Here are some examples. Let $\mathcal{F} = \sigma(X=1)$. Then $Z(x,y) = \mathbb{I}_{X=1}$ is $\mathcal{F}$-measurable, because no matter what you tell me about the output of $Z$, I can find a set in $\mathcal{F}$ that describes what's going on. For example, $Z < 1$ corresponds to $X\neq 1$, and $Z = 2$ corresponds with the empty set. Both are in $\mathcal{F}$. However, $Z(x,y) = y$ is not $\mathcal{F}$-measurable. If you tell me $Z=3$, well that could be part of $\{X=1\}$ or $\{X\neq 1\}$, but it's not equal to either set. Nor is it equal to $\{(X,Y) \in \{1,\dots,n\}^2\}$ or $\emptyset$.

$E[X|\mathcal{F}]$ is the unique $\mathcal{F}$-measurable random variable whose expectation on any $\mathcal{F}$-measurable set is the same as the expectation of $X$ on that set. Intuitively, since $\mathcal{F}$ is coarser than $\sigma(X,Y)$, you can think of $E[X|\mathcal{F}]$ as the best estimate of $X$ if you have some information about $(X,Y)$ which is described by $\mathcal{F}$. If $\mathcal{F}$ is the trivial sigma algebra, then $E[X|\mathcal{F}] = E[X]$ as that's your best guess if you only know the distribution of $(X,Y)$ and nothing else.

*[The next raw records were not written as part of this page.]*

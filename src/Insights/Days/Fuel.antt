-- ===== src/Insights/Days/Fuel.antt =====
-- The loop over the days in web/app/insights/page.tsx ends by its own test.
use mathlib.Core.Path.{subst}
use clawhum.Prelude.{ℕ, zero, suc, ◌+◌, ◌*◌, ◌<◌, List, [], ◌≡◌, refl, sym, ◌∙◌, arith}
use clawhum.Prelude.Text.{Text}
use clawhum.Insights.Days.{Day, one_day, points_from}

module _ (day_key : ℕ → Text) (start_of_day : ℕ → ℕ) where
  points_from_stop :
      (fuel : ℕ) (days : List Day) (t last : ℕ)
      → last < t
      → points_from day_key start_of_day fuel days t last ≡ []
  unfolding points_from
  points_from_stop zero days t last h = refl
  points_from_stop (suc fuel) days t last h = ground arith

  -- With fuel for every day up to the last, more fuel changes nothing: the loop ends by its test.
  pub points_from_enough :
      (fuel extra : ℕ) (days : List Day) (t last : ℕ)
      → last < t + fuel * one_day
      → points_from day_key start_of_day (fuel + extra) days t last
        ≡ points_from day_key start_of_day fuel days t last
  unfolding points_from
  points_from_enough zero extra days t last h =
      points_from_stop (0 + extra) days t last (omega arith)
      ∙ sym (points_from_stop 0 days t last (omega arith))
  points_from_enough (suc fuel) extra days t last h =
      subst
        (λ n.
          points_from day_key start_of_day n days t last
          ≡ points_from day_key start_of_day (suc fuel) days t last)
        (the_sum fuel extra)
        (round fuel extra (points_from_enough fuel extra days (t + one_day) last (omega arith)))
    where
      the_sum : (n k : ℕ) → suc (n + k) ≡ suc n + k
      the_sum n k = omega arith

      round :
          (n k : ℕ)
          → points_from day_key start_of_day (n + k) days (t + one_day) last
            ≡ points_from day_key start_of_day n days (t + one_day) last
          → points_from day_key start_of_day (suc (n + k)) days t last
            ≡ points_from day_key start_of_day (suc n) days t last
      round n k e = ground (arith, e)
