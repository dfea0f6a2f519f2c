-- ===== src/Insights/Sums.antt =====
-- What the totals of web/app/insights/page.tsx add up to.
use clawhum.Prelude.{
  ℕ, suc, ◌+◌, ◌++◌, length-append, ◌≤◌, Bool, true, List, [], ◌∷◌, any, length, All, ◌≡◌, refl,
  arith,
}
use clawhum.Prelude.Sort.{sum_by}
use clawhum.Model.{MatchResult, StoredMatch}
use clawhum.Insights.{
  Bucket, score_bins, latency_bins, bump_first, in_score_bin, in_latency_bin, TopTrack, add_result,
  add_results, Totals, no_totals, add_best, add_match, add_matches,
}

abbrev pub counted : List Bucket → ℕ
counted bs = sum_by (λ b. b.count) bs

length-bump_first :
    {A : Type 0} (p : A → Bool) (bins : List A) (bs : List Bucket)
    → length (bump_first p bins bs) ≡ length bs
unfolding bump_first
length-bump_first p [] bs = refl
length-bump_first p (a ∷ bins) [] = refl
length-bump_first p (a ∷ bins) (b ∷ bs) = ground (arith, length-bump_first p bins bs)

counted-bump_first :
    {A : Type 0} (p : A → Bool) (bins : List A) (bs : List Bucket)
    → any p bins ≡ true
    → length bs ≡ length bins
    → counted (bump_first p bins bs) ≡ suc (counted bs)
unfolding bump_first
counted-bump_first p [] bs h k = cc
counted-bump_first p (a ∷ bins) [] h k = absurd (omega arith)
counted-bump_first p (a ∷ bins) (b ∷ bs) h k = ground (arith, counted-bump_first p bins bs)

seen-add_result :
    (ts : List TopTrack) (r : MatchResult)
    → sum_by (λ t. t.seen) (add_result ts r) ≡ suc (sum_by (λ t. t.seen) ts)
unfolding add_result
seen-add_result [] r = refl
seen-add_result (t ∷ ts) r = ground (arith, seen-add_result ts r)

seen-add_results :
    (ts : List TopTrack) (rs : List MatchResult)
    → sum_by (λ t. t.seen) (add_results ts rs) ≡ sum_by (λ t. t.seen) ts + length rs
unfolding add_results
seen-add_results ts [] = omega arith
seen-add_results ts (r ∷ rs) =
    omega (arith, seen-add_results (add_result ts r) rs, seen-add_result ts r)

-- Each score of the list is at most 1.
abbrev pub IsScored : List MatchResult → Type 0
IsScored rs = All (λ r. r.score ≤ 1000000) rs

score_in_bin : (s : ℕ) → s ≤ 1000000 → any (in_score_bin s) score_bins ≡ true
score_in_bin s h = ground arith

latency_in_bin : (e : ℕ) → any (in_latency_bin e) latency_bins ≡ true
latency_in_bin e = ground arith

-- The totals over `n` matches with `k` results in all.
pub record IsTotal (n k : ℕ) (t : Totals) : Type 0 where
  pub every : t.empty + t.score_sum_count ≡ n
  pub strong_hits : t.strong ≤ t.hits
  pub hits_bound : t.hits ≤ t.score_sum_count
  pub scores : counted t.score_hist ≡ t.score_sum_count
  pub latencies : counted t.latency_hist ≡ n
  pub listed : length t.latencies ≡ n
  pub tracks : sum_by (λ u. u.seen) t.tracks ≡ k
  pub score_bars : length t.score_hist ≡ 10
  pub latency_bars : length t.latency_hist ≡ 7

-- What the loop's body does to the latencies and tracks, whatever the best result is.
add_match-rest :
    (n k : ℕ) (t : Totals) (m : StoredMatch)
    → counted t.latency_hist ≡ n
    → length t.latency_hist ≡ 7
    → counted (bump_first (in_latency_bin m.elapsed_ms) latency_bins t.latency_hist) ≡ suc n
add_match-rest n k t m h l = omega (
  arith,
  counted-bump_first (in_latency_bin m.elapsed_ms) latency_bins t.latency_hist
      (latency_in_bin m.elapsed_ms) l,
)

length-snoc : (es : List ℕ) (e : ℕ) → length (es ++ e ∷ []) ≡ suc (length es)
length-snoc es e = omega (arith, length-append es (e ∷ []))

add_match-IsTotal :
    (n k : ℕ) (t : Totals) (m : StoredMatch) (rs : List MatchResult)
    → m.results ≡ rs
    → IsScored rs
    → IsTotal n k t
    → IsTotal (suc n) (k + length rs) (add_match t m)
unfolding add_match add_best
add_match-IsTotal n k t m [] e h v = rw e (record {
  every = omega (arith, v.every);
  strong_hits = v.strong_hits;
  hits_bound = v.hits_bound;
  scores = v.scores;
  latencies = add_match-rest n k t m v.latencies v.latency_bars;
  listed = omega (arith, length-snoc t.latencies m.elapsed_ms, v.listed);
  tracks = omega (arith, seen-add_results t.tracks [], v.tracks);
  score_bars = v.score_bars;
  latency_bars = omega (
    arith,
    length-bump_first (in_latency_bin m.elapsed_ms) latency_bins t.latency_hist,
    v.latency_bars,
  );
})
add_match-IsTotal n k t m (r ∷ rs) e (h, hs) v = rw e (record {
  every = omega (arith, v.every);
  strong_hits = ground (arith, v.strong_hits);
  hits_bound = ground (arith, v.hits_bound);
  scores = omega (
    arith,
    counted-bump_first (in_score_bin r.score) score_bins t.score_hist (score_in_bin r.score h)
        v.score_bars,
    v.scores,
  );
  latencies = add_match-rest n k t m v.latencies v.latency_bars;
  listed = omega (arith, length-snoc t.latencies m.elapsed_ms, v.listed);
  tracks = omega (arith, seen-add_results t.tracks (r ∷ rs), v.tracks);
  score_bars =
      omega (arith, length-bump_first (in_score_bin r.score) score_bins t.score_hist, v.score_bars);
  latency_bars = omega (
    arith,
    length-bump_first (in_latency_bin m.elapsed_ms) latency_bins t.latency_hist,
    v.latency_bars,
  );
})

-- The number of results of all matches.
abbrev pub result_count : List StoredMatch → ℕ
result_count ms = sum_by (λ m. length m.results) ms

IsTotal-eq : (n k n' k' : ℕ) (t : Totals) → n ≡ n' → k ≡ k' → IsTotal n k t → IsTotal n' k' t
IsTotal-eq n k n' k' t e f v = record {
  every = omega (arith, v.every);
  strong_hits = v.strong_hits;
  hits_bound = v.hits_bound;
  scores = v.scores;
  latencies = omega (arith, v.latencies);
  listed = omega (arith, v.listed);
  tracks = omega (arith, v.tracks);
  score_bars = v.score_bars;
  latency_bars = v.latency_bars;
}

add_matches-from :
    (n k : ℕ) (t : Totals) (ms : List StoredMatch)
    → All (λ m. IsScored m.results) ms
    → IsTotal n k t
    → IsTotal (n + length ms) (k + result_count ms) (add_matches t ms)
unfolding add_matches
add_matches-from n k t [] h v = IsTotal-eq n k _ _ t (omega arith) (omega arith) v
add_matches-from n k t (m ∷ ms) (h, hs) v = IsTotal-eq _ _ _ _ _ (omega arith) (omega arith) (
    add_matches-from (suc n) (k + length m.results) (add_match t m) ms hs
      (add_match-IsTotal n k t m m.results refl h v))

no_totals-IsTotal : IsTotal 0 0 no_totals
no_totals-IsTotal = record {
  every = refl;
  strong_hits = omega arith;
  hits_bound = omega arith;
  scores = refl;
  latencies = refl;
  listed = refl;
  tracks = refl;
  score_bars = refl;
  latency_bars = refl;
}

-- For matches whose scores are at most 1: each match is either empty or counted by its best score,
-- strong matches are hits, both histograms count every match that they are about exactly once,
-- one latency is kept for each match, and the tracks are seen as often as there are results.
pub add_matches-IsTotal :
    (ms : List StoredMatch)
    → All (λ m. IsScored m.results) ms
    → IsTotal (length ms) (result_count ms) (add_matches no_totals ms)
add_matches-IsTotal ms h =
    IsTotal-eq _ _ _ _ _ (omega arith) (omega arith)
      (add_matches-from 0 0 no_totals ms h no_totals-IsTotal)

We can write out this definition as follows. For any $A \in \mathcal{F}$,

\begin{align*} E\left[\mathbb{I}_A E[X|\mathcal{F}]\right] &= \sum_{(x,y) \in A} P(X=x,Y=y)E[X|\mathcal{F}](x,y) = E\left[\mathbb{I}_A X\right] = \sum_{(x,y) \in A} xP(X=x,Y=y) \end{align*}

So now let's consider your original question. Let $\mathcal{F} = \sigma(Y)$. Then $\mathcal{F} = \{\{Y\in A\}: A \subseteq \{1,\dots,n\}\}$. Since $E[X|\sigma(Y)]$ is $\sigma(Y)$-measurable, it cannot depend on $x$. So, we can write $E[X|\sigma(Y)](x,y) = E[X|\sigma(Y)](y)$ for all $(x,y) \in\{1,\dots,n\}^2$. Let $A = \{y\}$ for some $y \in \{1,\dots,n\}$:

\begin{align*} \sum_{x=1}^n\sum_{y\in A}P(X=x,Y=y)E[X|\sigma(Y)](y) &= P(Y=y)E[X|\sigma(Y)](y)\\ & = \sum_{x=1}^n\sum_{y \in A} xP(X=x,Y=y) = \sum_{x=1}^n xP(X=x,Y=y) \end{align*}

Then,

$$E[X|\sigma(Y)](y) = \frac{\sum_{x=1}^n xP(X=x,Y=y)}{P(Y=y)} = E[X|Y=y]$$

So $E[X|\sigma(Y)](y) = E[X|Y=y]$. That's why we use this shorthand notation. You can extend this argument to more general random variables and even stochastic processes, but that involves many other tedious details. The main gist is the same. For any two arbitrary random variables, you can write $E[X|Y] = E[X|\sigma(Y)]$ with the intuitive idea that when $Y=y$, $E[X|\sigma(Y)] = E[X|Y=y]$. Hope that makes sense!